**Task objective:**
The expected response is a copy of every line in the entries below that includes the word "refl".

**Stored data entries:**
------------------------

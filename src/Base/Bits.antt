-- ===== src/Base/Bits.antt =====
-- The bit operations on native numbers at variables: exclusive or a digit at a time, that the same
-- mask twice changes nothing, that an empty mask clears all, and that an inclusive or with bits below
-- the number's last one is a sum.
use Prim.Native.Nat.{
  ℕ, zero, suc, ◌+◌, ◌*◌, ◌/◌, ◌%◌, ◌≤◌, ◌<◌, bit_xor, digits, differ, bit_xor-bitwise, bit_and,
  bit_and-bitwise, min, max, bit_or, bit_or-bitwise, ◌^◌,
}
use mathlib.Core.Path.{◌≡◌, refl, sym, ap, ◌∙◌}
use native.Mathlib.Omega.{arith}
use native.Mathlib.Nat.{pow-suc}

-- An operation on digits that keeps the second number once the first has run out.
module _ (op : ℕ → ℕ → ℕ) where
  abbrev keep_digits : ℕ → ℕ → ℕ → ℕ
  keep_digits n a b = digits (λ b. b) op n a b

  keep_digits-zero : (n b : ℕ) → keep_digits n 0 b ≡ b
  keep_digits-zero zero b = refl
  keep_digits-zero (suc n) b = refl

  -- Any count of digits that the number has room in gives the same.
  keep_digits_enough : (a b n m : ℕ) → a ≤ n → a ≤ m → keep_digits n a b ≡ keep_digits m a b
  keep_digits_enough zero b n m p q = keep_digits-zero n b ∙ sym (keep_digits-zero m b)
  keep_digits_enough (suc a) b (suc n) (suc m) p q =
      let rest = keep_digits_enough (suc a / 2) (b / 2) n m (omega arith) (omega arith) in
      omega (arith, rest)
  keep_digits_enough (suc a) b zero m p q = absurd (omega arith)
  keep_digits_enough (suc a) b (suc n) zero p q = absurd (omega arith)

zero-bit_xor : (b : ℕ) → bit_xor 0 b ≡ b
zero-bit_xor b = bit_xor-bitwise 0 b

differ_bits :
    (x y : ℕ) → x < 2 → y < 2 → (differ x y < 2) × (differ (differ x y) y ≡ x) × (differ zero y ≡ y)
differ_bits zero zero h k = (omega arith, refl, refl)
differ_bits zero (suc zero) h k = (omega arith, refl, refl)
differ_bits (suc zero) zero h k = (omega arith, refl, refl)
differ_bits (suc zero) (suc zero) h k = (omega arith, refl, refl)
differ_bits zero (suc (suc y)) h k = absurd (omega arith)
differ_bits (suc zero) (suc (suc y)) h k = absurd (omega arith)
differ_bits (suc (suc x)) y h k = absurd (omega arith)

pub bit_xor_step : (a b : ℕ) → bit_xor a b ≡ bit_xor (a / 2) (b / 2) * 2 + differ (a % 2) (b % 2)
bit_xor_step zero b = omega (
  arith,
  zero-bit_xor b,
  zero-bit_xor (b / 2),
  (differ_bits 0 (b % 2) (omega arith) (omega arith)).2,
)
bit_xor_step (suc a) b = omega (
  arith,
  bit_xor-bitwise (suc a) b,
  bit_xor-bitwise (suc a / 2) (b / 2),
  keep_digits_enough differ (suc a / 2) (b / 2) a (suc a / 2) (omega arith) (omega arith),
)

halves : (y d : ℕ) → d < 2 → ((y * 2 + d) / 2 ≡ y) × ((y * 2 + d) % 2 ≡ d)
halves y d h = omega arith

-- One digit of the law, from the law for the other digits.
cancel_step :
    (a b : ℕ) → bit_xor (bit_xor (a / 2) (b / 2)) (b / 2) ≡ a / 2 → bit_xor (bit_xor a b) b ≡ a
cancel_step a b ih =
    let y : ℕ = bit_xor (a / 2) (b / 2) in
    let d : ℕ = differ (a % 2) (b % 2) in
    let (small, back, _) = differ_bits (a % 2) (b % 2) (omega arith) (omega arith) in
    let (half, rest) = halves y d small in
    rw (bit_xor_step a b) (bit_xor_step (y * 2 + d) b ∙ rw (half, rest, ih, back) (omega arith))

bit_xor_cancel_fuel : (n a b : ℕ) → a + b ≤ n → bit_xor (bit_xor a b) b ≡ a
bit_xor_cancel_fuel zero a b h =
    let e : a ≡ 0 = omega arith in
    let f : b ≡ 0 = omega arith in rw (e, f, zero-bit_xor) (zero-bit_xor _)
bit_xor_cancel_fuel (suc n) zero zero h = rw zero-bit_xor (zero-bit_xor _)
bit_xor_cancel_fuel (suc n) zero (suc b) h =
    cancel_step 0 (suc b) (bit_xor_cancel_fuel n (0 / 2) (suc b / 2) (omega arith))
bit_xor_cancel_fuel (suc n) (suc a) b h =
    cancel_step (suc a) b (bit_xor_cancel_fuel n (suc a / 2) (b / 2) (omega arith))

-- The same mask twice changes nothing.
pub bit_xor_cancel : (a b : ℕ) → bit_xor (bit_xor a b) b ≡ a
bit_xor_cancel a b = bit_xor_cancel_fuel (a + b) a b (omega arith)

min-zero : (a : ℕ) → min a 0 ≡ 0
min-zero a = omega arith

and_digits-zero : (n a : ℕ) → digits (λ b. zero) min n a 0 ≡ 0
and_digits-zero zero a = refl
and_digits-zero (suc n) zero = refl
and_digits-zero (suc n) (suc a) = rw (and_digits-zero n (suc a / 2), min-zero (suc a % 2)) refl

pub bit_and-zero : (a : ℕ) → bit_and a 0 ≡ 0
bit_and-zero a = bit_and-bitwise a 0 ∙ and_digits-zero a a

zero-bit_or : (b : ℕ) → bit_or 0 b ≡ b
zero-bit_or b = bit_or-bitwise 0 b

pub bit_or_step : (a b : ℕ) → bit_or a b ≡ bit_or (a / 2) (b / 2) * 2 + max (a % 2) (b % 2)
bit_or_step zero b = omega (arith, zero-bit_or b, zero-bit_or (b / 2))
bit_or_step (suc a) b = omega (
  arith,
  bit_or-bitwise (suc a) b,
  bit_or-bitwise (suc a / 2) (b / 2),
  keep_digits_enough max (suc a / 2) (b / 2) a (suc a / 2) (omega arith) (omega arith),
)

bit_or-zero_below : (n a : ℕ) → a ≤ n → bit_or a 0 ≡ a
bit_or-zero_below n zero h = zero-bit_or 0
bit_or-zero_below zero (suc a) h = absurd (omega arith)
bit_or-zero_below (suc n) (suc a) h =
    omega (arith, bit_or_step (suc a) 0, bit_or-zero_below n (suc a / 2) (omega arith))

pub bit_or-zero : (a : ℕ) → bit_or a 0 ≡ a
bit_or-zero a = bit_or-zero_below a a (omega arith)

-- The bits of `f` go below those of a multiple of 2 ^ n.
pub bit_or-add : (n k f : ℕ) → f < 2 ^ n → bit_or (k * 2 ^ n) f ≡ k * 2 ^ n + f
bit_or-add zero k f h =
    let e : f ≡ 0 = omega arith in
    rw e (bit_or-zero_below (k * 2 ^ 0) (k * 2 ^ 0) (omega arith) ∙ omega arith)
bit_or-add (suc n) k f h =
    let doubled : k * 2 ^ suc n ≡ k * 2 ^ n * 2 =
      omega (arith, ap (λ (t : ℕ). k * t) (pow-suc 2 n)) in
    let small : f / 2 < 2 ^ n = omega (arith, pow-suc 2 n) in
    let half : k * 2 ^ n * 2 / 2 ≡ k * 2 ^ n = omega arith in
    let low : k * 2 ^ n * 2 % 2 ≡ 0 = omega arith in
    rw doubled
      (bit_or_step (k * 2 ^ n * 2) f ∙ rw (half, low) (omega (arith, bit_or-add n k (f / 2) small)))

------------------------

**Response area:**
use mathlib.Core.Path.{◌≡◌, refl, sym, ap, ◌∙◌}
  keep_digits-zero zero b = refl
  keep_digits-zero (suc n) b = refl
differ_bits zero zero h k = (omega arith, refl, refl)
differ_bits zero (suc zero) h k = (omega arith, refl, refl)
differ_bits (suc zero) zero h k = (omega arith, refl, refl)
differ_bits (suc zero) (suc zero) h k = (omega arith, refl, refl)
and_digits-zero zero a = refl
and_digits-zero (suc n) zero = refl
and_digits-zero (suc n) (suc a) = rw (and_digits-zero n (suc a / 2), min-zero (suc a % 2)) refl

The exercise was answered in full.